Input data Block Start

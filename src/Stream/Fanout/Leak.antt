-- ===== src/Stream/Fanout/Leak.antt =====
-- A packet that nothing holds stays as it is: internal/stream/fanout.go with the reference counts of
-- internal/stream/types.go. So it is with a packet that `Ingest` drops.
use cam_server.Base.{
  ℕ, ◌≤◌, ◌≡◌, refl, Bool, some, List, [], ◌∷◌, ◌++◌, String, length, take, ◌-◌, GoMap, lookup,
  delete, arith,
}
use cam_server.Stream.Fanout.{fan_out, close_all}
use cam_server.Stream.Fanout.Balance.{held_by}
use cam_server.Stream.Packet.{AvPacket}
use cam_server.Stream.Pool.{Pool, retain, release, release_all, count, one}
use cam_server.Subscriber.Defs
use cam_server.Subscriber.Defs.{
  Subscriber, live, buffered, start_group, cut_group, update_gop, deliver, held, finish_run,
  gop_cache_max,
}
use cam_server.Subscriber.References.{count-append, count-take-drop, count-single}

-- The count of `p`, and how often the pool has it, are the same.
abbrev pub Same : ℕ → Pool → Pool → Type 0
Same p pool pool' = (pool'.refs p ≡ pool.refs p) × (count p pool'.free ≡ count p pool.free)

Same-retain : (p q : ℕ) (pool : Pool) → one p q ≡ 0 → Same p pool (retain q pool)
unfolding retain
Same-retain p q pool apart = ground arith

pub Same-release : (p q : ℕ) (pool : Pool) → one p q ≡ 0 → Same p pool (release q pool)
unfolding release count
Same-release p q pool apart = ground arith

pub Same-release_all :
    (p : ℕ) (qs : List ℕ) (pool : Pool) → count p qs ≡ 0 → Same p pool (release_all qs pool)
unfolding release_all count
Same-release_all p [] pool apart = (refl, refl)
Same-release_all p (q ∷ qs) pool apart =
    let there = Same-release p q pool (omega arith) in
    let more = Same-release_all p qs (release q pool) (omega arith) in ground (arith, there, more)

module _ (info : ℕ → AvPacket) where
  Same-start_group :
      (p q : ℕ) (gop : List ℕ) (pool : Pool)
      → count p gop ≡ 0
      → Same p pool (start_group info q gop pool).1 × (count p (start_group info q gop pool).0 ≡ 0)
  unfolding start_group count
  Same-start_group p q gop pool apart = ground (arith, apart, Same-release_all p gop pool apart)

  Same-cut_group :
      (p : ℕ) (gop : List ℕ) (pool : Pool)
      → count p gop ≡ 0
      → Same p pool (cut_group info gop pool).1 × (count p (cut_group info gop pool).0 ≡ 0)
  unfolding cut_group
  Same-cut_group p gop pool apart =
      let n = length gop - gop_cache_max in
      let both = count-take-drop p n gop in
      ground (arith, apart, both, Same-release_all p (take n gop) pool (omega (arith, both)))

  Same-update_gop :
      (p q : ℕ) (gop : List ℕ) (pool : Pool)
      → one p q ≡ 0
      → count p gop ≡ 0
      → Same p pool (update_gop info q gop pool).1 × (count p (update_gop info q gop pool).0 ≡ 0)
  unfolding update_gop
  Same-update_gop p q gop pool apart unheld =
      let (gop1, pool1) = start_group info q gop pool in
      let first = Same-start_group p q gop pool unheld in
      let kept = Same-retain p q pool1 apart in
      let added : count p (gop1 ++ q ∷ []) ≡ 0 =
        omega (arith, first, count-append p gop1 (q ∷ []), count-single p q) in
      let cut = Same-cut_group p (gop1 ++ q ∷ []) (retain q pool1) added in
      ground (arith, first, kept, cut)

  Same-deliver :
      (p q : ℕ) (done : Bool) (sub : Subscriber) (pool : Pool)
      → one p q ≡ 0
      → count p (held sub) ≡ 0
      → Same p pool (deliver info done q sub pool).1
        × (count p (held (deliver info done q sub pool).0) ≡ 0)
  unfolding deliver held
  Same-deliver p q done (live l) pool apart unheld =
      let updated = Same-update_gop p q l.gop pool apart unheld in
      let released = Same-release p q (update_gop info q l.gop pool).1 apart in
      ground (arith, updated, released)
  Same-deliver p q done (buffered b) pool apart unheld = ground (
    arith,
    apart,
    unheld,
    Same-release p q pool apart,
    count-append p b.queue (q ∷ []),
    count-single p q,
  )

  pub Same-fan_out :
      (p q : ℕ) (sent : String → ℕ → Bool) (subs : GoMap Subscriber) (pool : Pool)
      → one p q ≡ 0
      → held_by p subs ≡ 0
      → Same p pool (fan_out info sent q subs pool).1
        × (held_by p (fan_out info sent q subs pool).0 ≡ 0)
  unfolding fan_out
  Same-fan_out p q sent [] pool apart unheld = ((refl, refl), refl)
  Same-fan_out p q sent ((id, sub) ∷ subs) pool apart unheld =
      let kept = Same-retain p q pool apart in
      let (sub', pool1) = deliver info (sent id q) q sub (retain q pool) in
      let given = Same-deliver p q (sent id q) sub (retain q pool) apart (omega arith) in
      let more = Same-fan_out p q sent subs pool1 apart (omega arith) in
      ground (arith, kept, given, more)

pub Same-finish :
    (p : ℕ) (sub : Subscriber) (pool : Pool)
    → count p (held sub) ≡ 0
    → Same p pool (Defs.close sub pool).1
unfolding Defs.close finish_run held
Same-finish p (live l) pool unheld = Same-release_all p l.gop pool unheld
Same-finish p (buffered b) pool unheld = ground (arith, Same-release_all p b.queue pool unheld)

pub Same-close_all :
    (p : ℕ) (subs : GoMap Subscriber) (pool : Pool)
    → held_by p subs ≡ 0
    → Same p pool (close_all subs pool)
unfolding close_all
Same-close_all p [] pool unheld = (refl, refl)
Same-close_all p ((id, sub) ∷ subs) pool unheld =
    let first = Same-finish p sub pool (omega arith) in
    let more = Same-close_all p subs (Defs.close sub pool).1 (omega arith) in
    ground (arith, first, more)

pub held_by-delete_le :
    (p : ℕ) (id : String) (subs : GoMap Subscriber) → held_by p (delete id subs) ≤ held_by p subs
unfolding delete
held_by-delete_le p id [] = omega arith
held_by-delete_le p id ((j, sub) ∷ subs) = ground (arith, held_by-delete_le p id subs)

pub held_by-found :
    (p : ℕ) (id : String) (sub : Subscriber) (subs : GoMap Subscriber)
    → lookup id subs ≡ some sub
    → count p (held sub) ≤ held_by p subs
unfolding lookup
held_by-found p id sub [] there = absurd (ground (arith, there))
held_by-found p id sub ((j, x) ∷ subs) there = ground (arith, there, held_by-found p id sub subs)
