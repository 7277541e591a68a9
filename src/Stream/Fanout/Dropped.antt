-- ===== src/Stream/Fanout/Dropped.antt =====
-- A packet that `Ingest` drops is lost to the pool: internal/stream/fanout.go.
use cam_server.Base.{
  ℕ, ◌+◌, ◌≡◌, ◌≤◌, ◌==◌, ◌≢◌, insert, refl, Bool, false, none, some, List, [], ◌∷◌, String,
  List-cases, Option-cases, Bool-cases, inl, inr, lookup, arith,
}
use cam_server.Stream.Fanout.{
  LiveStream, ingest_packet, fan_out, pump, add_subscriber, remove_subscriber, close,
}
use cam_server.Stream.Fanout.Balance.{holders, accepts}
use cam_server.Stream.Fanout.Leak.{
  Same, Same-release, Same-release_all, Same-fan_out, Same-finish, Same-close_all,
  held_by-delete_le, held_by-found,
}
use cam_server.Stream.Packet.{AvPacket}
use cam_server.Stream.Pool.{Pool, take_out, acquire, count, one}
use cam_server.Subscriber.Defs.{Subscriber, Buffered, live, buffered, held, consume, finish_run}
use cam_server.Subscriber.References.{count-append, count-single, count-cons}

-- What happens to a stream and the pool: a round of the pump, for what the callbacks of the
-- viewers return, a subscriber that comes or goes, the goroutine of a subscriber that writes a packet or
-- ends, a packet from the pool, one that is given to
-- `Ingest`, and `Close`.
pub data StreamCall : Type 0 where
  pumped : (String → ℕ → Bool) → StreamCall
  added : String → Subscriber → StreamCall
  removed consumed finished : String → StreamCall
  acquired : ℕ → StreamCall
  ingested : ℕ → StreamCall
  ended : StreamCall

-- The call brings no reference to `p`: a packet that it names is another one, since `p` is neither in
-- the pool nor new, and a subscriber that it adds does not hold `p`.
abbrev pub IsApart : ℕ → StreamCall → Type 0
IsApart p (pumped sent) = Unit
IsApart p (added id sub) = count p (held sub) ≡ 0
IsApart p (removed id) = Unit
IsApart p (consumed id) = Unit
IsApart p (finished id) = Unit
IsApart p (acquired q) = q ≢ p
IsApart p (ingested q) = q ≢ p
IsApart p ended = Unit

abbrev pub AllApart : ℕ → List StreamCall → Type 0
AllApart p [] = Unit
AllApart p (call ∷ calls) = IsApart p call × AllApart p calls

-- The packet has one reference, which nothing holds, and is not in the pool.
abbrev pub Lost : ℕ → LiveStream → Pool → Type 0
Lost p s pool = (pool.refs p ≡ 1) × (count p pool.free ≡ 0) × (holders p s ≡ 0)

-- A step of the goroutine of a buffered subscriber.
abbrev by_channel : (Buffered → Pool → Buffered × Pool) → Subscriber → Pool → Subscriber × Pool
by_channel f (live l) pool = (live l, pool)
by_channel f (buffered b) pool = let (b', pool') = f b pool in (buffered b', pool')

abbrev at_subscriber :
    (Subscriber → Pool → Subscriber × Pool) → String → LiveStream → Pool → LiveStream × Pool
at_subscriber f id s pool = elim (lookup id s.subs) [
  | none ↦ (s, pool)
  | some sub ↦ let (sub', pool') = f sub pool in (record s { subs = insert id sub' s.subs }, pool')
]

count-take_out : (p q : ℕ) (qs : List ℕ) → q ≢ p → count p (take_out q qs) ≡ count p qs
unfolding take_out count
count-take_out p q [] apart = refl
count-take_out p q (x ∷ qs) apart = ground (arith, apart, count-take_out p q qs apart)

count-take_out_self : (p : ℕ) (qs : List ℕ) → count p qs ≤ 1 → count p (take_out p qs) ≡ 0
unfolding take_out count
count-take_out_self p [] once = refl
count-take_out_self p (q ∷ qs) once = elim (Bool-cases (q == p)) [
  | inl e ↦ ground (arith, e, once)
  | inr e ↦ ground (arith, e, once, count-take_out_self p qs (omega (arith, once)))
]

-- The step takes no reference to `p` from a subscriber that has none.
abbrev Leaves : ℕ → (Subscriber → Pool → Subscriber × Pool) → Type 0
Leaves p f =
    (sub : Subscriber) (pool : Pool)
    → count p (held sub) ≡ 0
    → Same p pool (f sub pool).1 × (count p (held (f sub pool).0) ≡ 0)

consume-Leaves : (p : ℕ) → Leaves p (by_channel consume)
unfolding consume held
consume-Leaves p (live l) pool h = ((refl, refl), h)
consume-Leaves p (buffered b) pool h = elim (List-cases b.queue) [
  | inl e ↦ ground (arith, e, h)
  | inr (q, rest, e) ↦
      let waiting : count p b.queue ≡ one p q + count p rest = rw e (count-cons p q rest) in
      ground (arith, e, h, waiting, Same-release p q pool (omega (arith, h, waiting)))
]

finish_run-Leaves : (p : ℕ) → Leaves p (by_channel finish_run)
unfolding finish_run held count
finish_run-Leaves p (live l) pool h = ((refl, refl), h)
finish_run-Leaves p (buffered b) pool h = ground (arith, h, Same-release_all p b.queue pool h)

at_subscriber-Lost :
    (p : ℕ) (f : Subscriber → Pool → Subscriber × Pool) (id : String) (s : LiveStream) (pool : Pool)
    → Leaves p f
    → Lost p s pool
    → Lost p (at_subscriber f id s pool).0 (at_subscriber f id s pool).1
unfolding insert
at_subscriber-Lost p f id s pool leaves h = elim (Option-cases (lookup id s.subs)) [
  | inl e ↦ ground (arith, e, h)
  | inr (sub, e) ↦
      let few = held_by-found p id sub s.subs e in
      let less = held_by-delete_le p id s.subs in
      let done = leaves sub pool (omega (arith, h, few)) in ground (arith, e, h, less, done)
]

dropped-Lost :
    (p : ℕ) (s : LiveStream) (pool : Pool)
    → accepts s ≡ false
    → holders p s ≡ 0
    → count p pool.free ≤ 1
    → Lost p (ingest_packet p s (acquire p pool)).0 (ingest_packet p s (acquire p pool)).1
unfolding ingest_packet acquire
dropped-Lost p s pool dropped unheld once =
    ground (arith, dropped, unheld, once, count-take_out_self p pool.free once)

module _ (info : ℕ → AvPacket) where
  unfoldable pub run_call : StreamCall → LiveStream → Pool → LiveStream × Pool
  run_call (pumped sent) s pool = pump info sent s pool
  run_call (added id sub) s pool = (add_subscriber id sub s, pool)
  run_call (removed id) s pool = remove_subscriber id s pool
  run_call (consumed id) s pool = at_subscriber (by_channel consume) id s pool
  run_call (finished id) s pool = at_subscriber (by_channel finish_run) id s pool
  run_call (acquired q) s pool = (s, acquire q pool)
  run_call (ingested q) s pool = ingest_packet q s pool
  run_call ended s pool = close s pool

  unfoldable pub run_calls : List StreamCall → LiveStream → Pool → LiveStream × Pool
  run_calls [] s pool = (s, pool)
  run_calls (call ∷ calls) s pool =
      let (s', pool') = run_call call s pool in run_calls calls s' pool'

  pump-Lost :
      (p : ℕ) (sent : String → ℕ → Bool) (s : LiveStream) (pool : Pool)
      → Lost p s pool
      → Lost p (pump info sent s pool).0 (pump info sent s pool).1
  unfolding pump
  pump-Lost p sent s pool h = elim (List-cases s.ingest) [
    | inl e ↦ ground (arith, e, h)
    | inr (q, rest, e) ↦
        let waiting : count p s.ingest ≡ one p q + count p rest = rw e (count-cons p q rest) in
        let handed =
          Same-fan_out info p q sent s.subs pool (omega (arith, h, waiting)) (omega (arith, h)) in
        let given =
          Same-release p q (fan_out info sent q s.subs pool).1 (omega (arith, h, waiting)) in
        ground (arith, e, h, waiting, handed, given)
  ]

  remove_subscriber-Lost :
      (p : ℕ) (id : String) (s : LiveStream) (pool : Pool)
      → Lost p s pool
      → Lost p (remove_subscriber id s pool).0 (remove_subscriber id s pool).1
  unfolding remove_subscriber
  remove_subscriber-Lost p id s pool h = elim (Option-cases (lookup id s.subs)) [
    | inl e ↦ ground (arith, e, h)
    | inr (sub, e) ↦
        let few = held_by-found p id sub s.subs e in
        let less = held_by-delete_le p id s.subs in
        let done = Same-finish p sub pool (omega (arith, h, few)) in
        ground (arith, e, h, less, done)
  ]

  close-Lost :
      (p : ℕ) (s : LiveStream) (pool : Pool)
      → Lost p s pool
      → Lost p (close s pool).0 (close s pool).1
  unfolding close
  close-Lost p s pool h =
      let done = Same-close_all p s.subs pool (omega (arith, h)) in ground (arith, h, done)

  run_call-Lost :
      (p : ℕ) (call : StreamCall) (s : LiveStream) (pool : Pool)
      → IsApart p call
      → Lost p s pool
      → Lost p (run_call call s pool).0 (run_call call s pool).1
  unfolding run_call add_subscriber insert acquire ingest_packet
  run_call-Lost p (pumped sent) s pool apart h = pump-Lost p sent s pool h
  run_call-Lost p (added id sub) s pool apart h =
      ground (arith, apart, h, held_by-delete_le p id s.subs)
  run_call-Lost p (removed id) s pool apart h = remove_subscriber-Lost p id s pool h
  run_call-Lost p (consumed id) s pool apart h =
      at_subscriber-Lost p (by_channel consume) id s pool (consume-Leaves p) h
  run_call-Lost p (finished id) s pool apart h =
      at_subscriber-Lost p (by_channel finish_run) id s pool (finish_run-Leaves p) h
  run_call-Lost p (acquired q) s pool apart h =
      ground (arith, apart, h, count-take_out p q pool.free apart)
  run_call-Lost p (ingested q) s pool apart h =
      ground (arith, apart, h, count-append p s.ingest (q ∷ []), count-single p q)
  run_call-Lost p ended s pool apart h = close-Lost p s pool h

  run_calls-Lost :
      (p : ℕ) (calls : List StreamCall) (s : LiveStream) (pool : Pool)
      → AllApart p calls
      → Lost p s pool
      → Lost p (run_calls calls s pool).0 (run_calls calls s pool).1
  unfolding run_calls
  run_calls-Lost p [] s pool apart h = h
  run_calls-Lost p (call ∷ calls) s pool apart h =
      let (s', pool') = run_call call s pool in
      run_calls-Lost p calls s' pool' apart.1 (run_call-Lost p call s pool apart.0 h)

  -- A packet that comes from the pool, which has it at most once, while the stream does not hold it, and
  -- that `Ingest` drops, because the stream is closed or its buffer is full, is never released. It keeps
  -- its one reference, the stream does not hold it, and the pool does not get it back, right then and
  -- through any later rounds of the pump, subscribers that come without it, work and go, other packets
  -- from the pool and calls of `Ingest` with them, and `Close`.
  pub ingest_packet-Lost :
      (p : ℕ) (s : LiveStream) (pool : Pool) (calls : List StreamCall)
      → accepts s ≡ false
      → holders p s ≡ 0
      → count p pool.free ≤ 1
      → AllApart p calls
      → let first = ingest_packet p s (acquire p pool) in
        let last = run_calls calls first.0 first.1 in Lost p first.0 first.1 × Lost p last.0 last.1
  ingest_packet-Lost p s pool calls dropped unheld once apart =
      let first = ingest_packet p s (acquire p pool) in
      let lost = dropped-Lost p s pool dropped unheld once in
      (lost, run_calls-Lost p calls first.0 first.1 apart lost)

Input data Block End

What to work on:
Reproduce the lines of the entries above from the one with "Same-retain : (p" to the one with "ground (arith, first, kept, cut)", both included, exactly and without any other line.

Your solution:
Same-retain : (p q : ℕ) (pool : Pool) → one p q ≡ 0 → Same p pool (retain q pool)
unfolding retain
Same-retain p q pool apart = ground arith

pub Same-release : (p q : ℕ) (pool : Pool) → one p q ≡ 0 → Same p pool (release q pool)
unfolding release count
Same-release p q pool apart = ground arith

pub Same-release_all :
    (p : ℕ) (qs : List ℕ) (pool : Pool) → count p qs ≡ 0 → Same p pool (release_all qs pool)
unfolding release_all count
Same-release_all p [] pool apart = (refl, refl)
Same-release_all p (q ∷ qs) pool apart =
    let there = Same-release p q pool (omega arith) in
    let more = Same-release_all p qs (release q pool) (omega arith) in ground (arith, there, more)

module _ (info : ℕ → AvPacket) where
  Same-start_group :
      (p q : ℕ) (gop : List ℕ) (pool : Pool)
      → count p gop ≡ 0
      → Same p pool (start_group info q gop pool).1 × (count p (start_group info q gop pool).0 ≡ 0)
  unfolding start_group count
  Same-start_group p q gop pool apart = ground (arith, apart, Same-release_all p gop pool apart)

  Same-cut_group :
      (p : ℕ) (gop : List ℕ) (pool : Pool)
      → count p gop ≡ 0
      → Same p pool (cut_group info gop pool).1 × (count p (cut_group info gop pool).0 ≡ 0)
  unfolding cut_group
  Same-cut_group p gop pool apart =
      let n = length gop - gop_cache_max in
      let both = count-take-drop p n gop in
      ground (arith, apart, both, Same-release_all p (take n gop) pool (omega (arith, both)))

  Same-update_gop :
      (p q : ℕ) (gop : List ℕ) (pool : Pool)
      → one p q ≡ 0
      → count p gop ≡ 0
      → Same p pool (update_gop info q gop pool).1 × (count p (update_gop info q gop pool).0 ≡ 0)
  unfolding update_gop
  Same-update_gop p q gop pool apart unheld =
      let (gop1, pool1) = start_group info q gop pool in
      let first = Same-start_group p q gop pool unheld in
      let kept = Same-retain p q pool1 apart in
      let added : count p (gop1 ++ q ∷ []) ≡ 0 =
        omega (arith, first, count-append p gop1 (q ∷ []), count-single p q) in
      let cut = Same-cut_group p (gop1 ++ q ∷ []) (retain q pool1) added in
      ground (arith, first, kept, cut)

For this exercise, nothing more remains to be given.